Making it through the school year was tough. For Jacinto, support stretched beyond Compass. Almost every other week, she heard from Regis faculty, including interim Regis College Dean and Division of Education Professor Heidi Barker, Ph.D., who called to see how she was progressing.

“No one really prepared us for what happened [during COVID-19],” Jacinto said. “But I still have very strong connections with a lot of my professors back at Regis, who are still checking in on me.”

In Daylan Bradshaw’s classroom, students worked in dim lighting, with music playing in the background, and reflected on what self-awareness meant to them.

Eighth-grader Jessica Brown, 13, said teachers made returning to school this year easier. “I think COVID [2020] was the hardest year for me, and it definitely gave me anxiety going back to school because I’m not used to all of these people,” she said. “In person, I feel way better because I talk to the teachers, and I connect with them a lot more being face to face, rather than computer to computer.”

Bradshaw, Sarah Craig and other teachers have given her space, she said.
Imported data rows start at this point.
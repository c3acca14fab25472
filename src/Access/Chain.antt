-- ===== src/Access/Chain.antt =====
-- apps/api/src/modules/access/access-decision.ts: the conditions of `evaluateAccess` without their order.
use pulso_crm.Prelude.{
  ℕ, ◌≡◌, refl, subst, not, if◌then◌else◌, eq_of_some, Option-cases, ltb_false→le, le→ltb_false,
  ◌≤◌, ◌<◌, ◌⊎◌, Bool, true, false, Option, none, some, List, includes, arith, inl, inr,
}
use pulso_crm.Calendar.{Date, key}
use pulso_crm.Store.{MemberStatus, MembershipStatus, allowed, access_ok, duplicate_window}
use pulso_crm.Access.{
  allow, is_active_membership, is_past, excludes_branch, is_used_up, reaches_limit, Snapshot,
  MemberSnapshot, MembershipSnapshot, PlanSnapshot, evaluate_access, evaluate_plan,
  evaluate_membership,
}

-- What the gym asks of a member who comes in.
pub record MayEnter (s : Snapshot) (member : MemberSnapshot) (membership : MembershipSnapshot)
    (plan : PlanSnapshot) : Type 0 where
  pub known : s.member ≡ some member
  pub period : s.membership ≡ some membership
  pub terms : s.plan ≡ some plan
  pub active : member.status ≡ MemberStatus.active
  pub current : membership.status ≡ MembershipStatus.active
  pub not_ended : (end : Date) → membership.end_date ≡ some end → key s.today ≤ key end
  pub no_debt : member.has_outstanding_debt ≡ false
  pub branch_fits :
      (ids : List ℕ) → plan.allowed_branch_ids ≡ some ids → includes s.branch_id ids ≡ true
  pub classes_left : (n : ℕ) → membership.classes_remaining ≡ some n → 1 ≤ n
  pub under_limit :
      (n : ℕ)
      → plan.weekly_access_limit ≡ some n
      → s.attendance.distinct_days_this_week_excluding_today < n
  pub cleared :
      (until : Date) → member.medical_clearance_until ≡ some until → key s.today ≤ key until

-- The tests of the chain, all passed.
record Passes (m : MemberSnapshot) (p : MembershipSnapshot) (t : PlanSnapshot) (s : Snapshot)
    : Type 0 where
  active : is_active_membership p.status ≡ true
  current : is_past p.end_date s.today ≡ false
  no_debt : m.has_outstanding_debt ≡ false
  branch_fits : excludes_branch t.allowed_branch_ids s.branch_id ≡ false
  classes_left : is_used_up p.classes_remaining ≡ false
  under_limit :
      reaches_limit t.weekly_access_limit s.attendance.distinct_days_this_week_excluding_today
      ≡ false
  cleared : is_past m.medical_clearance_until s.today ≡ false

evaluate_membership-Passes :
    (m : MemberSnapshot) (p : MembershipSnapshot) (t : PlanSnapshot) (s : Snapshot)
    → (evaluate_membership m p t s).decision ≡ allowed
    → Passes m p t s
unfolding evaluate_membership
evaluate_membership-Passes m p t s h = record {
  active = ground arith;
  current = ground arith;
  no_debt = ground arith;
  branch_fits = ground arith;
  classes_left = ground arith;
  under_limit = ground arith;
  cleared = ground arith;
}

not-false : (b : Bool) → not b ≡ false → b ≡ true
not-false true h = refl
not-false false h = cc

not_past :
    (d : Option Date) (today : Date)
    → is_past d today ≡ false
    → (end : Date) → d ≡ some end
    → key today ≤ key end
not_past none today h end e = cc
not_past (some x) today h end e = subst (λ y. key today ≤ key y) (eq_of_some e) (ltb_false→le _ _ h)

past_not :
    (d : Option Date) (today : Date)
    → ((end : Date) → d ≡ some end → key today ≤ key end)
    → is_past d today ≡ false
past_not none today h = refl
past_not (some x) today h = le→ltb_false _ _ (h x refl)

branch_in :
    (ids : Option (List ℕ)) (b : ℕ)
    → excludes_branch ids b ≡ false
    → (l : List ℕ) → ids ≡ some l
    → includes b l ≡ true
branch_in none b h l e = cc
branch_in (some x) b h l e =
    subst (λ y. includes b y ≡ true) (eq_of_some e) (not-false (includes b x) h)

in_branch :
    (ids : Option (List ℕ)) (b : ℕ)
    → ((l : List ℕ) → ids ≡ some l → includes b l ≡ true)
    → excludes_branch ids b ≡ false
in_branch none b h = refl
in_branch (some x) b h = rw (h x refl)

left_over : (o : Option ℕ) → is_used_up o ≡ false → (n : ℕ) → o ≡ some n → 1 ≤ n
left_over none h n e = cc
left_over (some x) h n e = subst (λ y. 1 ≤ y) (eq_of_some e) (ground arith)

over_left : (o : Option ℕ) → ((n : ℕ) → o ≡ some n → 1 ≤ n) → is_used_up o ≡ false
over_left none h = refl
over_left (some x) h = ground (arith, h x refl)

below : (o : Option ℕ) (days : ℕ) → reaches_limit o days ≡ false → (n : ℕ) → o ≡ some n → days < n
below none days h n e = cc
below (some x) days h n e = subst (λ y. days < y) (eq_of_some e) (ground arith)

not_reached :
    (o : Option ℕ) (days : ℕ) → ((n : ℕ) → o ≡ some n → days < n) → reaches_limit o days ≡ false
not_reached none days h = refl
not_reached (some x) days h = ground (arith, h x refl)

status-cases : (t : MemberStatus) → (t ≡ MemberStatus.active) ⊎ (t ≡ MemberStatus.inactive)
status-cases MemberStatus.active = inl refl
status-cases MemberStatus.inactive = inr refl

active_status : (t : MembershipStatus) → is_active_membership t ≡ true → t ≡ MembershipStatus.active
active_status t h = ground arith

enter :
    (m : MemberSnapshot) (p : MembershipSnapshot) (t : PlanSnapshot) (s : Snapshot)
    → s.member ≡ some m
    → s.membership ≡ some p
    → s.plan ≡ some t
    → m.status ≡ MemberStatus.active
    → Passes m p t s
    → MayEnter s m p t
enter m p t s known period terms active h = record {
  known = known;
  period = period;
  terms = terms;
  active = active;
  current = active_status p.status h.active;
  not_ended = not_past p.end_date s.today h.current;
  no_debt = h.no_debt;
  branch_fits = branch_in t.allowed_branch_ids s.branch_id h.branch_fits;
  classes_left = left_over p.classes_remaining h.classes_left;
  under_limit = below t.weekly_access_limit _ h.under_limit;
  cleared = not_past m.medical_clearance_until s.today h.cleared;
}

-- A member who is let in meets every condition.
pub evaluate_access_sound :
    (s : Snapshot)
    → (evaluate_access s).decision ≡ allowed
    → (m : MemberSnapshot) × (p : MembershipSnapshot) × (t : PlanSnapshot) × MayEnter s m p t
unfolding evaluate_access evaluate_plan
evaluate_access_sound s h = elim (Option-cases s.member) [
  | inl no_member ↦ cc (rw no_member at h)
  | inr (m, known) ↦ elim (status-cases m.status) [
    | inr idle ↦ cc (rw (known, idle) at h)
    | inl active ↦ elim (Option-cases s.membership) [
      | inl no_period ↦ cc (rw (known, active, no_period) at h)
      | inr (p, period) ↦ elim (Option-cases s.plan) [
        | inl no_plan ↦ cc (rw (known, active, period, no_plan) at h)
        | inr (t, terms) ↦ (
          m,
          p,
          t,
          enter m p t s known period terms active
              (evaluate_membership-Passes m p t s (rw (known, active, period, terms) at h)),
        )
      ]
    ]
  ]
]

-- A member who meets every condition is let in, as a first entry of the day or a repeated one.
pub evaluate_access_complete :
    (s : Snapshot) (m : MemberSnapshot) (p : MembershipSnapshot) (t : PlanSnapshot)
    → MayEnter s m p t
    → evaluate_access s
      ≡ (if s.attendance.exists_today then allow duplicate_window else allow access_ok)
unfolding evaluate_access evaluate_plan evaluate_membership
evaluate_access_complete s m p t e =
    rw (e.known, e.active, e.period, e.terms)
      (rw (e.current) (
        rw (past_not p.end_date s.today e.not_ended) (
          rw e.no_debt (
            rw (in_branch t.allowed_branch_ids s.branch_id e.branch_fits) (
              rw (over_left p.classes_remaining e.classes_left) (
                rw (not_reached t.weekly_access_limit _ e.under_limit)
                  (rw (past_not m.medical_clearance_until s.today e.cleared))))))))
When she goes to high school next year, Brown knows what she’ll miss most at Compass.

“I’m definitely going to miss this place, and all of my teachers — I’m definitely going to miss my teachers,” she said.

Jones said he’s grateful for a similar experience he had at Regis. The faculty were different than those he had experienced elsewhere.

“It wasn’t just one. It was all of them that expressed the same type of support for people,” Jones said. “Because I experienced that, I tell people when I hire them, ‘Everybody thinks back to high school, where that one teacher had an impact on them. We’re not hiring for one teacher to have that impact, we’re hiring for every one of you to have an impact.’ And that’s modeled off the impact those professors had on me. It wasn’t just one of them — it was all of them.”